# EXERCISE:
Use the entries below and reproduce exactly the lines from the one containing "spells : SpellsAll h ps trees" down to the one containing "cases : CasesAt h refs (leaves_below trees)", both of them included.

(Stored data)
= Beginning of Section =
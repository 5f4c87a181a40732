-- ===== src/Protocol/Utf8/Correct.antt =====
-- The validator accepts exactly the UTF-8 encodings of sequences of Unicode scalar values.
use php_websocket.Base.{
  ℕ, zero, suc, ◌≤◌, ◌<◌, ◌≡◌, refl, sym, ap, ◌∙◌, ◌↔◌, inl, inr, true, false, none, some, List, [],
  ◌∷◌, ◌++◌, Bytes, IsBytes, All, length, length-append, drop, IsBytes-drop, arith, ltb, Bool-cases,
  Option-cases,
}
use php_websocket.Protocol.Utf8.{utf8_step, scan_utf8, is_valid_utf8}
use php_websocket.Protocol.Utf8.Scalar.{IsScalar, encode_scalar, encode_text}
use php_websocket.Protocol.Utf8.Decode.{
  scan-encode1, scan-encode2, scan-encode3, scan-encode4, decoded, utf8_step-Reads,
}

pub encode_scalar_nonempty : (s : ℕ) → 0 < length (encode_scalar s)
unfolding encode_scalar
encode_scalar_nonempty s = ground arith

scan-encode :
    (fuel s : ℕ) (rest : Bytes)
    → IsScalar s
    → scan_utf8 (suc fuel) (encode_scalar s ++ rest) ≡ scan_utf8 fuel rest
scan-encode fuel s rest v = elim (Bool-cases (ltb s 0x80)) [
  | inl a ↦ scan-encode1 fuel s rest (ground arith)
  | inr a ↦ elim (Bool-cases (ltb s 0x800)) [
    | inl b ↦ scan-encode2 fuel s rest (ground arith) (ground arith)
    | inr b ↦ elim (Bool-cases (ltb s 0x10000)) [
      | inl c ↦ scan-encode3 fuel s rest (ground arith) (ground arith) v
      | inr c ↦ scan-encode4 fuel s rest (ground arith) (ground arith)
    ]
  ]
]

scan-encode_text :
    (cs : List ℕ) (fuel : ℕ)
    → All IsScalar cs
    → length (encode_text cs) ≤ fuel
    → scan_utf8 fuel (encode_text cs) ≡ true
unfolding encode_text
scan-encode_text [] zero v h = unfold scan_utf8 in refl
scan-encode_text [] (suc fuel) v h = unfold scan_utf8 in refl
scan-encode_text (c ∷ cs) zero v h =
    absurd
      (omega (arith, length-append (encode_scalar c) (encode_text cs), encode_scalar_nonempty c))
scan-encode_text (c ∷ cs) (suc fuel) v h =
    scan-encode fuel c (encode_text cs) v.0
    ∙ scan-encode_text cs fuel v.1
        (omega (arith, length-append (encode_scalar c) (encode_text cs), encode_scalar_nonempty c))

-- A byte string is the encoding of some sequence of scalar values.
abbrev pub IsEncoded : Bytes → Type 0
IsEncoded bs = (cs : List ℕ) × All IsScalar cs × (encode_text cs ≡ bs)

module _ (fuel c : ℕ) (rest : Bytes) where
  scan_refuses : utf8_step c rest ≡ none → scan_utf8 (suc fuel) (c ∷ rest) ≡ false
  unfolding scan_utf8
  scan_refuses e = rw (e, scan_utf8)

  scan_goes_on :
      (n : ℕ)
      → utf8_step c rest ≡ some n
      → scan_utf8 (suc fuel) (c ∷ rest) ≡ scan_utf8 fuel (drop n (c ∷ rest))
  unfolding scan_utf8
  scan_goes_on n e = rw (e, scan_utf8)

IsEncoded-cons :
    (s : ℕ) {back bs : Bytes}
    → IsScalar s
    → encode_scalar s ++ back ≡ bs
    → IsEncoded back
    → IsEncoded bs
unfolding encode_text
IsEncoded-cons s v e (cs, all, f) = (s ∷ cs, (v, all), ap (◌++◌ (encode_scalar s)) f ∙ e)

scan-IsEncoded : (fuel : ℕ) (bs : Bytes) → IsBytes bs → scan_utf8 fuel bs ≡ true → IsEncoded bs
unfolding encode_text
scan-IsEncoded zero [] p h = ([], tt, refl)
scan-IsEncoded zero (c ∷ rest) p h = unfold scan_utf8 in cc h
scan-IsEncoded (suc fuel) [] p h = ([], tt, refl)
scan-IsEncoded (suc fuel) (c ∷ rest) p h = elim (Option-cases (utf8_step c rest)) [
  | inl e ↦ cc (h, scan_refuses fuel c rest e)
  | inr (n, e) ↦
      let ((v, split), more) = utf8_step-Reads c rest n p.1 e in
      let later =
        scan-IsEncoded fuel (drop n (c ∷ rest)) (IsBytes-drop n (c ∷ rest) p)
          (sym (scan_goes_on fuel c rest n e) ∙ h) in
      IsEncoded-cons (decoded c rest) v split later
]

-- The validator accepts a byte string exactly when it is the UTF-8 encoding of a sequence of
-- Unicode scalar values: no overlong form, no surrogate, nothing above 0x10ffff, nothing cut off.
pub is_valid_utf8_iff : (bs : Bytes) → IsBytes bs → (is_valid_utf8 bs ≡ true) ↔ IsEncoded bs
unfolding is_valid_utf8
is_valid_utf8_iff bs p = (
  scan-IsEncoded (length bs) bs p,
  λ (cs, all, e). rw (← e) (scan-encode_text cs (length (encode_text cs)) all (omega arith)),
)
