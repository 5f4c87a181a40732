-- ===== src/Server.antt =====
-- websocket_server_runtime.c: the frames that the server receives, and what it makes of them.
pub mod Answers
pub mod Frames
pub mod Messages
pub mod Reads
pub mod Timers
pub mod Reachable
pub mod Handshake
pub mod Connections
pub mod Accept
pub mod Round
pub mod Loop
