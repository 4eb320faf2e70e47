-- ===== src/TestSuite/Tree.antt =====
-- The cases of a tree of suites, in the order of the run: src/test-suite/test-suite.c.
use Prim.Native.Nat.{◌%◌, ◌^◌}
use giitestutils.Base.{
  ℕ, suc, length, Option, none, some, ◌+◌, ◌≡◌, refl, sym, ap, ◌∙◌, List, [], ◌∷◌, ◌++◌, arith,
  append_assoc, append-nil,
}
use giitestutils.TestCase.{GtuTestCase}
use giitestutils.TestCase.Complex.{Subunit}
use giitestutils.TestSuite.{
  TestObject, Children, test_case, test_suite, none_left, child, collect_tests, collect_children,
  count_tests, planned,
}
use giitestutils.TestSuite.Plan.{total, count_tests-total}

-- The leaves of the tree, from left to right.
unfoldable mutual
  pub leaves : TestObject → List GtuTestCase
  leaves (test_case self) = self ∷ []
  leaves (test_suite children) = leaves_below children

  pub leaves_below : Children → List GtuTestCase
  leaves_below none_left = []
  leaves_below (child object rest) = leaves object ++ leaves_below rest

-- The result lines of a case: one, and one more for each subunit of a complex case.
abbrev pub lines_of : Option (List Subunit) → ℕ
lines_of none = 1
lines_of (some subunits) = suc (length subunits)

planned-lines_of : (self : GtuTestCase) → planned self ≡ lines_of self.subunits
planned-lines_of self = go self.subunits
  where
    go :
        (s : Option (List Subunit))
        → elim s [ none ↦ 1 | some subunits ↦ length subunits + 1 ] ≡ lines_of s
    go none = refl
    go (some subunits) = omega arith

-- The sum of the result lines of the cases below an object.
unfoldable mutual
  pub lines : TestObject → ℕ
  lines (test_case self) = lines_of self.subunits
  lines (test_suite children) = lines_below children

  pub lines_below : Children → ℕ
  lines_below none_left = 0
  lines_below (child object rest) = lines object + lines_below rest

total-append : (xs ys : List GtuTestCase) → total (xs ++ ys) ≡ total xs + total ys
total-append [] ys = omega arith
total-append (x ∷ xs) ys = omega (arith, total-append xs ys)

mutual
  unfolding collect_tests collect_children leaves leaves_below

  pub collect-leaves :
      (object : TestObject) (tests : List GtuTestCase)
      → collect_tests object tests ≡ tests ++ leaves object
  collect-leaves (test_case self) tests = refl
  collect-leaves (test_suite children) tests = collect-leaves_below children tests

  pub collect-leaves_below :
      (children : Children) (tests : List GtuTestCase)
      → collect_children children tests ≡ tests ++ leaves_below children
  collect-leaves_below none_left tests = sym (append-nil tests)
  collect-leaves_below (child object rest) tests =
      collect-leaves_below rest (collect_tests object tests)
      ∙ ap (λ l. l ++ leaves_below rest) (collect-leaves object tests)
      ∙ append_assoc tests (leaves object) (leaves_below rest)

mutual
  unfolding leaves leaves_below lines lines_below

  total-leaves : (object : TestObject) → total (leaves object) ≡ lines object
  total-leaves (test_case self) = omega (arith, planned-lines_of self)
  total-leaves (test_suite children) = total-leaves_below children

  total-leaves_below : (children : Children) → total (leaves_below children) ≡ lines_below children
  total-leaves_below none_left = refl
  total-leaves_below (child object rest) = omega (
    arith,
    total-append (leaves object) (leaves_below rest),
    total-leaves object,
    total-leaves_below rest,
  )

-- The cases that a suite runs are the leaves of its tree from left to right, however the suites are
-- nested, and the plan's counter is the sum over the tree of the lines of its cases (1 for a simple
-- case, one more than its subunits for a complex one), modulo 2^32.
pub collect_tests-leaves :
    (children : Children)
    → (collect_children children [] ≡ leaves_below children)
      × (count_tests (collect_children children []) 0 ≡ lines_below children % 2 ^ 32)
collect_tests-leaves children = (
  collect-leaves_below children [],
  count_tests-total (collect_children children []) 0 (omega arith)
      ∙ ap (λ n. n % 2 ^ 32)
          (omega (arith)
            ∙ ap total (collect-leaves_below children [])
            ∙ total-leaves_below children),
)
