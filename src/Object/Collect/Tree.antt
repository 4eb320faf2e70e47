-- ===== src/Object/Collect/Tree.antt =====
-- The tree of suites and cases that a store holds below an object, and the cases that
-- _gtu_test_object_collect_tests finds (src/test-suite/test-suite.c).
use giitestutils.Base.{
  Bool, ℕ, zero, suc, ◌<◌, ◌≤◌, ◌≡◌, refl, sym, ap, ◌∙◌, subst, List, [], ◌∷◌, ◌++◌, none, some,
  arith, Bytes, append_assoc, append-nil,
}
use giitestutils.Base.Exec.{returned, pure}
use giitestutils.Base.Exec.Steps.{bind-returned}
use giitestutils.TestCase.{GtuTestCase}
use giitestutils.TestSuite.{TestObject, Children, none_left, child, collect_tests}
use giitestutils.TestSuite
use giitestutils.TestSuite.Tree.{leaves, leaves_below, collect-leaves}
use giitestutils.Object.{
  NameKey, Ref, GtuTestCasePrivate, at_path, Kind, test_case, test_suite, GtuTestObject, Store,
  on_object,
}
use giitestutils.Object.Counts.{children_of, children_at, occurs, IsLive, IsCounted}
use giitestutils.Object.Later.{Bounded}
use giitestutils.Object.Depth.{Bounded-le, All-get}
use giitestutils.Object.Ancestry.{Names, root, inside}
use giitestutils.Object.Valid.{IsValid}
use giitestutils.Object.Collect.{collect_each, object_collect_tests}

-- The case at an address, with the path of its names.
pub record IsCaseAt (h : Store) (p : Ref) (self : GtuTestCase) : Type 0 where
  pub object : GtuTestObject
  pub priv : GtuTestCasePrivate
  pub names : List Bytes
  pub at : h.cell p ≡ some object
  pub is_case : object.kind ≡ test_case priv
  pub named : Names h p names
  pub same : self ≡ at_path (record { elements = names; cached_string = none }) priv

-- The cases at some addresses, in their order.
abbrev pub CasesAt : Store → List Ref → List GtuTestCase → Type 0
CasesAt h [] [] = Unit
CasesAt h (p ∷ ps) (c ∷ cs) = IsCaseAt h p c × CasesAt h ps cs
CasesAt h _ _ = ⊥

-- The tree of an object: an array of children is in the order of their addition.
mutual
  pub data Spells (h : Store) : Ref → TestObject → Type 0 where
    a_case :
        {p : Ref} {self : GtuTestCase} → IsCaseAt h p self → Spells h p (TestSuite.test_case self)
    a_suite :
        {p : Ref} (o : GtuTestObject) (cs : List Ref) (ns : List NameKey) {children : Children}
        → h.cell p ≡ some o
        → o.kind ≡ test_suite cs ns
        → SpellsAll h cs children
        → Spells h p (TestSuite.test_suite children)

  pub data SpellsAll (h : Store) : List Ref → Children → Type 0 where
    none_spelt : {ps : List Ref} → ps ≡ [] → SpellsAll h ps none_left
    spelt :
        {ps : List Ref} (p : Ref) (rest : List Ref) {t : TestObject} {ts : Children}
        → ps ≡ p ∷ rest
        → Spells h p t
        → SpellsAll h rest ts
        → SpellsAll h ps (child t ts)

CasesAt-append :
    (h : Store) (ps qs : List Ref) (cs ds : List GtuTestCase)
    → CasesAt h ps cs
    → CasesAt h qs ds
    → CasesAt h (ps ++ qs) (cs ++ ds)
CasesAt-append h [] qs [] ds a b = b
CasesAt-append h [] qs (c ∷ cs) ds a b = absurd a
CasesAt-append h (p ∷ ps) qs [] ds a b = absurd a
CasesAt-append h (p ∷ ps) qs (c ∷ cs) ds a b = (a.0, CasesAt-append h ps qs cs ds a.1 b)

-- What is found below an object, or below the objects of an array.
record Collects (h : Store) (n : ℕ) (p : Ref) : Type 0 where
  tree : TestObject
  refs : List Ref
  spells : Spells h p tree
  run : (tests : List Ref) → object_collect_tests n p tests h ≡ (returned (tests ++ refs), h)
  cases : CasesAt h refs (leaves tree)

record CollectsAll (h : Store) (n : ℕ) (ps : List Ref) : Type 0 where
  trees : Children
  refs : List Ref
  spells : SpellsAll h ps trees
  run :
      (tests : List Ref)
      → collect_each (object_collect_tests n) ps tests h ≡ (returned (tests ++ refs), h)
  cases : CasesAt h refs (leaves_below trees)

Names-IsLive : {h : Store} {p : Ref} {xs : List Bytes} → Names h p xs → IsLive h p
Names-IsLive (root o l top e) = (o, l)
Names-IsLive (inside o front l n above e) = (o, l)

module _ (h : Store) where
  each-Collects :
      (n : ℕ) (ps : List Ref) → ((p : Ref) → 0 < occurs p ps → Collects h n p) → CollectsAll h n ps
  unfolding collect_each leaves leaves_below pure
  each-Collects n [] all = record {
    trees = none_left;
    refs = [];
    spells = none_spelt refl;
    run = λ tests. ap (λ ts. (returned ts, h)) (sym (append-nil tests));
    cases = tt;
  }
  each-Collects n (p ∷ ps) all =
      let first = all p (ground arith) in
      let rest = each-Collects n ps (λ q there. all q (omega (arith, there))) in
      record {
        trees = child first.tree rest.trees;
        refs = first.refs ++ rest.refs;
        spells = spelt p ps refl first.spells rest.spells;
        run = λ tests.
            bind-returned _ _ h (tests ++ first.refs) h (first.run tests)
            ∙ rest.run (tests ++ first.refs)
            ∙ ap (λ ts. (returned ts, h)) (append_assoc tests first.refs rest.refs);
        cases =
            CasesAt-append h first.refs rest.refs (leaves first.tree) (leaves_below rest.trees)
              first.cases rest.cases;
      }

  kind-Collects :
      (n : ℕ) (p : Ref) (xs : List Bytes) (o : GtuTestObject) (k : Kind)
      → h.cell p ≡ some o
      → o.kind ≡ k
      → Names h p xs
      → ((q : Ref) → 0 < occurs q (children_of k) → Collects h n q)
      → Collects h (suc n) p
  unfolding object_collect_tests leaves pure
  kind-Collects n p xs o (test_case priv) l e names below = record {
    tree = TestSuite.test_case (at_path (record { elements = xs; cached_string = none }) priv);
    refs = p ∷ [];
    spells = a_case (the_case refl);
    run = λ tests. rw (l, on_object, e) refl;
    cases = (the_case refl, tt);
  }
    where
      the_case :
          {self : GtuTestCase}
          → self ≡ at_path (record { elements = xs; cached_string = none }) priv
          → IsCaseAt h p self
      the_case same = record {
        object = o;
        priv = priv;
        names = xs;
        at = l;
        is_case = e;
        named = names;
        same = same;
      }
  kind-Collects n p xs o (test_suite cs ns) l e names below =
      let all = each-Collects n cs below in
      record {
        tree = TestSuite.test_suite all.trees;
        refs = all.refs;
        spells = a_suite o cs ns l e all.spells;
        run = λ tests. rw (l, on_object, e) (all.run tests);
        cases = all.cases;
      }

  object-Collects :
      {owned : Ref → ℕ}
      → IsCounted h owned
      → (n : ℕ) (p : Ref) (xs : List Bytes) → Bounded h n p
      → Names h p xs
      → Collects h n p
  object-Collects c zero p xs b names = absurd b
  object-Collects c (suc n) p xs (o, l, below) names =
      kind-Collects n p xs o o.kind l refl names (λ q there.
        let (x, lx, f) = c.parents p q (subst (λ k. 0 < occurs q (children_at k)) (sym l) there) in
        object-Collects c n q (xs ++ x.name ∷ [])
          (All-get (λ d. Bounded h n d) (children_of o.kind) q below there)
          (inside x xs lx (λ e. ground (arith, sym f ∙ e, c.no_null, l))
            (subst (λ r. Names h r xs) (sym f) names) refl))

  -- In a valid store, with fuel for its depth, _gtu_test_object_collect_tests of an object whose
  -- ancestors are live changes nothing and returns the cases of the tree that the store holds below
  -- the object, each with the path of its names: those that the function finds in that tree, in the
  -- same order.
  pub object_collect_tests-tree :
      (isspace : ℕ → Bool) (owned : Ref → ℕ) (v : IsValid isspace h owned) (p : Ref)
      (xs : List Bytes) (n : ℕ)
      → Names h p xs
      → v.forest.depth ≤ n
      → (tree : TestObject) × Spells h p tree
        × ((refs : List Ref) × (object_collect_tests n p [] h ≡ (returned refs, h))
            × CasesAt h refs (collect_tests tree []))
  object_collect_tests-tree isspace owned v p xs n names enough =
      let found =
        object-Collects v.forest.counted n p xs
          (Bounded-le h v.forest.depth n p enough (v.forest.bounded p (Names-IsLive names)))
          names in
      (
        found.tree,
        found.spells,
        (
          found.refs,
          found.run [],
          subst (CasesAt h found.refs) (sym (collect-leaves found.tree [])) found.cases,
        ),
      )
= End of Section =
# ANSWER FOR THE TASK:
  spells : SpellsAll h ps trees
  run :
      (tests : List Ref)
      → collect_each (object_collect_tests n) ps tests h ≡ (returned (tests ++ refs), h)
  cases : CasesAt h refs (leaves_below trees)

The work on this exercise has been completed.